- **What the task asks**
Once the line with "repository 4cb63b4323b8a955" is found in the entries below, repeat it and each following line exactly, up to and including the line with "abbrev timer_of : ElectionCoordinator → ℕ". Add no other lines.

- **Collected data**

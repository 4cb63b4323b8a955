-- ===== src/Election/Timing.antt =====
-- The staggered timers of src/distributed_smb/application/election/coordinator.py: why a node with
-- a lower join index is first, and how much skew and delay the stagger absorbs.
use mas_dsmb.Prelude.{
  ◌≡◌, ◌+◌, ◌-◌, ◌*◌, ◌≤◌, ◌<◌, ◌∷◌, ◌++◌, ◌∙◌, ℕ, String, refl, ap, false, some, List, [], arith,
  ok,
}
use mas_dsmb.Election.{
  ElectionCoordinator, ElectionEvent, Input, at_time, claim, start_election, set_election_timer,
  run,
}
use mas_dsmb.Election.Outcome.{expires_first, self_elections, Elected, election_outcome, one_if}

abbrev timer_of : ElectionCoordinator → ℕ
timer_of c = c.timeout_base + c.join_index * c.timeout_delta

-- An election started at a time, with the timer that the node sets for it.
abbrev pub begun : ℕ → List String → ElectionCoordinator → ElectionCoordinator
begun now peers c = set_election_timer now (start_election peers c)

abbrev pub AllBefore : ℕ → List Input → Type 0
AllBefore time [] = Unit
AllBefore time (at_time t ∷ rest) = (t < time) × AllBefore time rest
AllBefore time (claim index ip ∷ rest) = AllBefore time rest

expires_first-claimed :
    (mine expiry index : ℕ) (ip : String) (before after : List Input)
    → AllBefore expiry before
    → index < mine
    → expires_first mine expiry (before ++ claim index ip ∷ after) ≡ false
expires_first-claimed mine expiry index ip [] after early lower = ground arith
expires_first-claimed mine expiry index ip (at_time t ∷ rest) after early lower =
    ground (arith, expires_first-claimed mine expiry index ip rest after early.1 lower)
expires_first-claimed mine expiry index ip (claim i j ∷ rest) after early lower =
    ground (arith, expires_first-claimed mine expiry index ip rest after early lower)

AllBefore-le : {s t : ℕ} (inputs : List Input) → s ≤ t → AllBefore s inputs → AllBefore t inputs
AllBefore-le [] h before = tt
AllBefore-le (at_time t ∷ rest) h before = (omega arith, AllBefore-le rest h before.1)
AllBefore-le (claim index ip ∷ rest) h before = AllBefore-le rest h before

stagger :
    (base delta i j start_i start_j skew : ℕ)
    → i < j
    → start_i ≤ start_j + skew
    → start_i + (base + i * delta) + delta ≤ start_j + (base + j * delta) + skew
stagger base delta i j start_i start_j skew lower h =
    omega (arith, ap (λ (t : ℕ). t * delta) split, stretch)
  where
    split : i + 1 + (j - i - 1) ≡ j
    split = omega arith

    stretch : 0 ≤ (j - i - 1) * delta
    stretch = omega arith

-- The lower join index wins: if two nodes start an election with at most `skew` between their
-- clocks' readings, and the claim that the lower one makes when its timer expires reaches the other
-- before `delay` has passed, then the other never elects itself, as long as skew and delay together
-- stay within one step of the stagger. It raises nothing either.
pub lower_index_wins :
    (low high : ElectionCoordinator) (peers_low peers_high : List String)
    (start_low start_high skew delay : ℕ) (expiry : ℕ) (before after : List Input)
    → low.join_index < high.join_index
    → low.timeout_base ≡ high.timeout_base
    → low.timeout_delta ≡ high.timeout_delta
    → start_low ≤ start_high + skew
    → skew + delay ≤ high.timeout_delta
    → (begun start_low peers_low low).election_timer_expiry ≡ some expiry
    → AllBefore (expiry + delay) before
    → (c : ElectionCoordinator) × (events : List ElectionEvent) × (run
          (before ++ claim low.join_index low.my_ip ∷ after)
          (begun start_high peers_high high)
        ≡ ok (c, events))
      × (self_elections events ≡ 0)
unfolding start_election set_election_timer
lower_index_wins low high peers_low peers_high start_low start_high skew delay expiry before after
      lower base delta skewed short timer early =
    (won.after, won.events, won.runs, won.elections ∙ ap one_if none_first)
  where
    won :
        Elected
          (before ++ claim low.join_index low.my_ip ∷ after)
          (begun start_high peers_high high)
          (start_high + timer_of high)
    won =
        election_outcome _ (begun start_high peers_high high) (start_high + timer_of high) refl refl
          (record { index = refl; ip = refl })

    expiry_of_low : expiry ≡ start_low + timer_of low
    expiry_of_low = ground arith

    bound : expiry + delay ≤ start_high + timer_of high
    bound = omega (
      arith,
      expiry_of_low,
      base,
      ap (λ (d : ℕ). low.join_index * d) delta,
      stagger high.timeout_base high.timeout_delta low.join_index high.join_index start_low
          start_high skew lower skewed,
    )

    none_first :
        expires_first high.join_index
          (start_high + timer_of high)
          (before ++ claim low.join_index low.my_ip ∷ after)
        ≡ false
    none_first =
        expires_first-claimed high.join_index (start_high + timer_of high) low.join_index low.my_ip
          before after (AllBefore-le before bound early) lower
...
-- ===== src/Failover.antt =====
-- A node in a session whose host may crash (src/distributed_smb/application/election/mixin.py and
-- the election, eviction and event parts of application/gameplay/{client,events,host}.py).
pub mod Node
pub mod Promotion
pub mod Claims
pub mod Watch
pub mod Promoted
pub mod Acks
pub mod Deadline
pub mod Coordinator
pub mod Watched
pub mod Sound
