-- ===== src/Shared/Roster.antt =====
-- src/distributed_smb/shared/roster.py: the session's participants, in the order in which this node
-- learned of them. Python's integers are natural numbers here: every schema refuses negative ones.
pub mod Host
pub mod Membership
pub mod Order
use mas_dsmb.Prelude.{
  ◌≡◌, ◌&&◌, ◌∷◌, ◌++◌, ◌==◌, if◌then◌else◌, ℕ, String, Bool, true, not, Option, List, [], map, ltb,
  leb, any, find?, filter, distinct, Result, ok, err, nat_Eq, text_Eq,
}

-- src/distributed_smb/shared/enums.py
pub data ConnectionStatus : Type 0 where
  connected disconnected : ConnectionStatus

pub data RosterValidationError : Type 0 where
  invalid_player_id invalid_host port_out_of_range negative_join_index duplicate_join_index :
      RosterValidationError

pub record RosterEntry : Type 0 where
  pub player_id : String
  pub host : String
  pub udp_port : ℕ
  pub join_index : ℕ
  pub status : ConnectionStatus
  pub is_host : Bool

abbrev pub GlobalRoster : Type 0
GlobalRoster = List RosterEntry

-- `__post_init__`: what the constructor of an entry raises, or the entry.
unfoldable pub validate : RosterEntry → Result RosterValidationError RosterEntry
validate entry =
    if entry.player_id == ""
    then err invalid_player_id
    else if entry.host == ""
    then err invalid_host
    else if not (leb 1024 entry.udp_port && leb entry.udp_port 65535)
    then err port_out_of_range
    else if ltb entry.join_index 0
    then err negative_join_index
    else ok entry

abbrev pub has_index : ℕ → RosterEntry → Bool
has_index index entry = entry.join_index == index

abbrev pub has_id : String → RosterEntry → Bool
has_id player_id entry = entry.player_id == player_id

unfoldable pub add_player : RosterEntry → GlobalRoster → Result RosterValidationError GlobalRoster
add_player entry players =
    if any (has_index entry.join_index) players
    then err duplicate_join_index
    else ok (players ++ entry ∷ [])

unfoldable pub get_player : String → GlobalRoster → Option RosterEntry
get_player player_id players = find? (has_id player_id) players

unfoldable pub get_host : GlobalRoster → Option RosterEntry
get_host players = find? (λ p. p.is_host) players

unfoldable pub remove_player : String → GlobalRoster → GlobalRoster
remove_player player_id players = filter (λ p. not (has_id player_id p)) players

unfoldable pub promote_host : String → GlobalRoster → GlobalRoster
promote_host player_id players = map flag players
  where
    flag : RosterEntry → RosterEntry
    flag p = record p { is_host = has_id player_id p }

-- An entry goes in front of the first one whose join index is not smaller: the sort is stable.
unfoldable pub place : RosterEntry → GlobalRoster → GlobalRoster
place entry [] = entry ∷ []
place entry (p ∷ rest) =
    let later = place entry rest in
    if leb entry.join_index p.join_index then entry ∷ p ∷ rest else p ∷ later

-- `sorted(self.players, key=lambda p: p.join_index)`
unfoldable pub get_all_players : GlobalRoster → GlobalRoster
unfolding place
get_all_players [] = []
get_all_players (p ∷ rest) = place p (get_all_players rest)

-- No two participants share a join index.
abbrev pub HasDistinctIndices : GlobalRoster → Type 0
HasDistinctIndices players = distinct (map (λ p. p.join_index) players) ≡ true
---
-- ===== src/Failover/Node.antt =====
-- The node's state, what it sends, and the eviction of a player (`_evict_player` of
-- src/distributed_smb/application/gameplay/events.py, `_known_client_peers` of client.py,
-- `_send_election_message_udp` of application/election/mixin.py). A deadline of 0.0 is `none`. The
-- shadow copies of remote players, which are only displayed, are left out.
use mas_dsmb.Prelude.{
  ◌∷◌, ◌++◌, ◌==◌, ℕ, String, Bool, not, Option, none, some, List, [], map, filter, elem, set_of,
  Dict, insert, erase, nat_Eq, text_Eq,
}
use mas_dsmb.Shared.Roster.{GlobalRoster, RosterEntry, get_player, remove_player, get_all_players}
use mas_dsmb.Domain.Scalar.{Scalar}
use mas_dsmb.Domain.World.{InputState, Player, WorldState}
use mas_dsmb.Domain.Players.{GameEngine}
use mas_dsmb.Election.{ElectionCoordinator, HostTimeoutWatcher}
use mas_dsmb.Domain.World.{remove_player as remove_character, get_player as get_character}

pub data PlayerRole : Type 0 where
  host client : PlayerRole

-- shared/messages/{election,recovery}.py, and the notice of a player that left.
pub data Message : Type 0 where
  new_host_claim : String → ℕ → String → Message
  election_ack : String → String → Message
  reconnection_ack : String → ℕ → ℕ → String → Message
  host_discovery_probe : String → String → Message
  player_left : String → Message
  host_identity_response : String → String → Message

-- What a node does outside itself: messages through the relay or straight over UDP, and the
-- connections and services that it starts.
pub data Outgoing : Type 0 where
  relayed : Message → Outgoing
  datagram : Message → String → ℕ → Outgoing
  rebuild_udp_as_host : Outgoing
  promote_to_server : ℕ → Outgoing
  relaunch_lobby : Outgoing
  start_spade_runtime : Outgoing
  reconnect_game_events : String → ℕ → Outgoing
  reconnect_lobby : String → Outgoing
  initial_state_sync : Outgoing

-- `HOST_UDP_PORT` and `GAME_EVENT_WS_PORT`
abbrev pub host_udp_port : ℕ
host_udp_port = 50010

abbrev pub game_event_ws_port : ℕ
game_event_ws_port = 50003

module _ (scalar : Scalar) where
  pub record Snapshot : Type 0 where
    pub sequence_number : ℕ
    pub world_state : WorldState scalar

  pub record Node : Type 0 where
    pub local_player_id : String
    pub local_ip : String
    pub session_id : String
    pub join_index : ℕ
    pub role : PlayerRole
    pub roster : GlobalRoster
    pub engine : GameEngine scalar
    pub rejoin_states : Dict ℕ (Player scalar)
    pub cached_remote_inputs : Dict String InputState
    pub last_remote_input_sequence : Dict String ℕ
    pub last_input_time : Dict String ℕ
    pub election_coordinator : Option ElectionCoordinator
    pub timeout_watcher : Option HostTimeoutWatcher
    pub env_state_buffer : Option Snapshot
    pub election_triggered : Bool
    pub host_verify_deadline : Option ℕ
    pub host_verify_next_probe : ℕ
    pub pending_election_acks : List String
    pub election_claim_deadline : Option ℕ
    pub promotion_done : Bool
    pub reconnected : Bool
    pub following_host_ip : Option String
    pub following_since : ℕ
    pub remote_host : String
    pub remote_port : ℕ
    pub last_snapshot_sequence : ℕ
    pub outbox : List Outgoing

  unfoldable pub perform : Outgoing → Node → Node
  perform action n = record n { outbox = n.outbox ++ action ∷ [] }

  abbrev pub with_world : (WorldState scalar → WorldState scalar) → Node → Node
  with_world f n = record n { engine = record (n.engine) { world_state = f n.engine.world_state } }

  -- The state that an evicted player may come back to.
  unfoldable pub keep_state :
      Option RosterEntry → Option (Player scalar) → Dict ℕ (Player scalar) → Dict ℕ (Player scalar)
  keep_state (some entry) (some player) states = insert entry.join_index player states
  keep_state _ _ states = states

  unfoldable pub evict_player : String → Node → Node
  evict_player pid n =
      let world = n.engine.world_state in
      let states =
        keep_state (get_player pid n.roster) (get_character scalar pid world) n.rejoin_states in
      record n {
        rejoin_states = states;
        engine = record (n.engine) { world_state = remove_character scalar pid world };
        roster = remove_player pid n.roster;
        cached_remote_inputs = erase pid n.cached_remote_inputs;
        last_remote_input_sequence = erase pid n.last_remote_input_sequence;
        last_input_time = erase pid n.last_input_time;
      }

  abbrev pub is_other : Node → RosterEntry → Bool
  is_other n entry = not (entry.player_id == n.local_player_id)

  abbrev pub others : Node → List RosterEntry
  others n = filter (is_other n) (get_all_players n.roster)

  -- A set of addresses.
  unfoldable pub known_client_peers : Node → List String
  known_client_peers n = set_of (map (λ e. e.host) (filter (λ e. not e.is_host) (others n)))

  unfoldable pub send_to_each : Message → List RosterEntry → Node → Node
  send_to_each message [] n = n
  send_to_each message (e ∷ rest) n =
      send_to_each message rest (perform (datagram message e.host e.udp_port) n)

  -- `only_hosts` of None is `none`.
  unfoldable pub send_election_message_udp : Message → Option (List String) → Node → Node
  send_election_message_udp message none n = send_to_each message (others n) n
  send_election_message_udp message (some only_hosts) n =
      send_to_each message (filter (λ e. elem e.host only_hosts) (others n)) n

- **Response**
repository 4cb63b4323b8a955
-- ===== src/Election/Timing.antt =====
-- The staggered timers of src/distributed_smb/application/election/coordinator.py: why a node with
-- a lower join index is first, and how much skew and delay the stagger absorbs.
use mas_dsmb.Prelude.{
  ◌≡◌, ◌+◌, ◌-◌, ◌*◌, ◌≤◌, ◌<◌, ◌∷◌, ◌++◌, ◌∙◌, ℕ, String, refl, ap, false, some, List, [], arith,
  ok,
}
use mas_dsmb.Election.{
  ElectionCoordinator, ElectionEvent, Input, at_time, claim, start_election, set_election_timer,
  run,
}
use mas_dsmb.Election.Outcome.{expires_first, self_elections, Elected, election_outcome, one_if}

abbrev timer_of : ElectionCoordinator → ℕ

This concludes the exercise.